> [Task objective]: Scan the records for the word "BySerialNumber". Return each line where it is found.

Stored data entries
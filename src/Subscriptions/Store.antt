-- ===== src/Subscriptions/Store.antt =====
-- src/common/subscription-manager.ts, class SubscriptionManager: subscriptions by topic, serial
-- number and manufacturer. `_subscriptionIds` refers to an innermost map; here it holds the path of
-- that map, which is never replaced while an ID refers to it. New IDs are arguments.
pub mod Lookup
pub mod Laws
pub mod Removal
pub mod Consistency
pub mod Matching
pub mod Delivery
use vda_5050_lib_2_0_0_js.Prelude.{
  ℕ, String, Option, none, some, Bool, true, false, not, String-Eq, Option-Eq, Eq, ◌==◌, ◌&&◌, eqb,
  if◌then◌else◌, List, [], ◌∷◌, ◌++◌, Outcome, ok, err, ◌>>=◌, ◌>>◌, ◌↔◌, ◌≡◌, arith,
  option_beq_iff, option_beq, ltb, map,
}
use vda_5050_lib_2_0_0_js.JsMap
use vda_5050_lib_2_0_0_js.JsMap.{JsMap}
use vda_5050_lib_2_0_0_js.Types.{AgvId, AgvIdPattern}
use vda_5050_lib_2_0_0_js.Mqtt.{TopicError, assert_mqtt_topic_utf8_count}
use vda_5050_lib_2_0_0_js.Subscriptions.Format.{
  Format, Deconstructed, get_mqtt_topic, get_mqtt_topic_utf8_length, deconstruct_mqtt_topic,
}

-- `undefined` stands for a wildcard.
pub record SubscriptionPath : Type 0 where
  pub topic : Option String
  pub serial_number : Option String
  pub manufacturer : Option String

abbrev pub path_beq : SubscriptionPath → SubscriptionPath → Bool
path_beq a b =
    a.topic == b.topic && (a.serial_number == b.serial_number && a.manufacturer == b.manufacturer)

module _ {ℓ} (H : Type ℓ) where
  -- An innermost map, with the property `mqttTopic` that the source hangs on it.
  pub record Leaf : Type ℓ where
    pub mqtt_topic : Option String
    pub handlers : JsMap String H

  abbrev pub ByManufacturer : Type ℓ
  ByManufacturer = JsMap (Option String) Leaf

  abbrev pub BySerialNumber : Type ℓ
  BySerialNumber = JsMap (Option String) ByManufacturer

  abbrev pub ByTopic : Type ℓ
  ByTopic = JsMap (Option String) BySerialNumber

  pub record Store : Type ℓ where
    pub format : Format
    pub subscriptions : ByTopic
    pub subscription_ids : JsMap String SubscriptionPath

pub record Added : Type 0 where
  pub id : String
  pub mqtt_topic : Option String
  pub requires_subscribe : Bool

pub record Removed : Type 0 where
  pub mqtt_topic : Option String
  pub requires_unsubscribe : Bool

-- `map.get(key)`, or a new map where there is none.
abbrev pub get_or_new {ℓ} : {V : Type ℓ} → Option String → JsMap (Option String) (List V) → List V
get_or_new key m = elim (JsMap.get key m) [ none ↦ [] | some inner ↦ inner ]

abbrev pub or_else : Option String → Option String → Option String
or_else none s = s
or_else (some s) _ = some s

module _ {ℓ} {H : Type ℓ} where
  unfoldable pub new : Format → Store H
  new format = record { format = format; subscriptions = []; subscription_ids = [] }

  unfoldable pub leaf_at : SubscriptionPath → ByTopic H → Option (Leaf H)
  leaf_at p m = elim (JsMap.get p.topic m) [
    | none ↦ none
    | some by_serial ↦ elim (JsMap.get p.serial_number by_serial) [
      | none ↦ none
      | some by_manufacturer ↦ JsMap.get p.manufacturer by_manufacturer
    ]
  ]

  -- The `while` loop over the path with a new innermost map at its end: maps on the way are
  -- created where they are missing.
  unfoldable pub put_leaf : SubscriptionPath → Leaf H → ByTopic H → ByTopic H
  put_leaf p leaf m =
      let by_serial = get_or_new p.topic m in
      let by_manufacturer = get_or_new p.serial_number by_serial in
      JsMap.set p.topic
        (JsMap.set p.serial_number (JsMap.set p.manufacturer leaf by_manufacturer) by_serial) m

  unfoldable pub leaf_or_new : SubscriptionPath → ByTopic H → Leaf H
  leaf_or_new p m = elim (leaf_at p m) [
    | none ↦ record { mqtt_topic = none; handlers = [] }
    | some leaf ↦ leaf
  ]

  unfoldable pub clear : Store H → Store H
  clear s = record s { subscriptions = []; subscription_ids = [] }

  -- `map.set(id, handler)`, and `mqttTopic` on the first handler.
  unfoldable pub enter : String → H → String → Leaf H → Leaf H
  enter id handler mqtt_topic leaf =
      let handlers = JsMap.set id handler leaf.handlers in
      if eqb (JsMap.size handlers) 1
      then record { mqtt_topic = some mqtt_topic; handlers = handlers }
      else record { mqtt_topic = leaf.mqtt_topic; handlers = handlers }

  unfoldable pub add :
      String → Option String → AgvIdPattern → H → Store H → Outcome TopicError (Store H × Added)
  add id topic subject handler s = do
    assert_mqtt_topic_utf8_count
        (get_mqtt_topic_utf8_length s.format topic subject.manufacturer subject.serial_number)
    let path : SubscriptionPath = record {
      topic = topic;
      serial_number = subject.serial_number;
      manufacturer = subject.manufacturer;
    }
    let leaf =
        enter id handler (get_mqtt_topic s.format topic subject.manufacturer subject.serial_number)
          (leaf_or_new path s.subscriptions)
    ok (
      record s {
        subscriptions = put_leaf path leaf s.subscriptions;
        subscription_ids = JsMap.set id path s.subscription_ids;
      },
      record {
        id = id;
        mqtt_topic = leaf.mqtt_topic;
        requires_subscribe = eqb (JsMap.size leaf.handlers) 1;
      },
    )

  unfoldable pub remove : String → Store H → Store H × Option Removed
  remove id s = elim (JsMap.get id s.subscription_ids) [
    | none ↦ (s, none)
    | some path ↦
        let leaf = leaf_or_new path s.subscriptions in
        let handlers = JsMap.delete id leaf.handlers in
        if not (JsMap.has id leaf.handlers) then (s, none) else (
          record s {
            subscriptions = put_leaf path (record leaf { handlers = handlers }) s.subscriptions;
          },
          some (record {
            mqtt_topic = leaf.mqtt_topic;
            requires_unsubscribe = eqb (JsMap.size handlers) 0;
          }),
        )
  ]

  -- The walk of `getAll`, a level at a time. An innermost map always has its `mqttTopic`.
  unfoldable pub topics_of_leaves : ByManufacturer H → List String
  topics_of_leaves [] = []
  topics_of_leaves ((k, leaf) ∷ m) =
      (elim leaf.mqtt_topic [
        | none ↦ []
        | some topic ↦ if ltb 0 (JsMap.size leaf.handlers) then topic ∷ [] else []
      ])
      ++ topics_of_leaves m

  unfoldable pub topics_by_serial : BySerialNumber H → List String
  topics_by_serial [] = []
  topics_by_serial ((k, leaves) ∷ m) = topics_of_leaves leaves ++ topics_by_serial m

  unfoldable pub topics_by_topic : ByTopic H → List String
  topics_by_topic [] = []
  topics_by_topic ((k, inner) ∷ m) = topics_by_serial inner ++ topics_by_topic m

  unfoldable pub get_all : Store H → List String
  get_all s = topics_by_topic s.subscriptions

  -- `_findInternal`, a level at a time: the key itself first, then the wildcard.
  abbrev pub follow {κ} : {V : Type κ} → (V → List (String × H)) → Option V → List (String × H)
  follow visit none = []
  follow visit (some v) = visit v

  abbrev pub find_level {κ} :
      {V : Type κ}
      → Option String
      → (V → List (String × H))
      → JsMap (Option String) V
      → List (String × H)
  find_level key visit m = follow visit (JsMap.get key m) ++ follow visit (JsMap.get none m)

  unfoldable pub find_internal : SubscriptionPath → ByTopic H → List (String × H)
  find_internal p =
      find_level p.topic
        (find_level p.serial_number (find_level p.manufacturer (λ leaf. leaf.handlers)))

  -- The subject comes from the message and may lack a part.
  unfoldable pub find : String → AgvIdPattern → Store H → List (String × H) × Option String
  find mqtt_topic subject s =
      let path = deconstruct_mqtt_topic s.format mqtt_topic in
      (
        find_internal
            (record {
              topic = path.topic;
              serial_number = or_else path.serial_number subject.serial_number;
              manufacturer = or_else path.manufacturer subject.manufacturer;
            })
            s.subscriptions,
        path.topic,
      )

> [Solution]:
  abbrev pub BySerialNumber : Type ℓ
  BySerialNumber = JsMap (Option String) ByManufacturer
  ByTopic = JsMap (Option String) BySerialNumber
  unfoldable pub topics_by_serial : BySerialNumber H → List String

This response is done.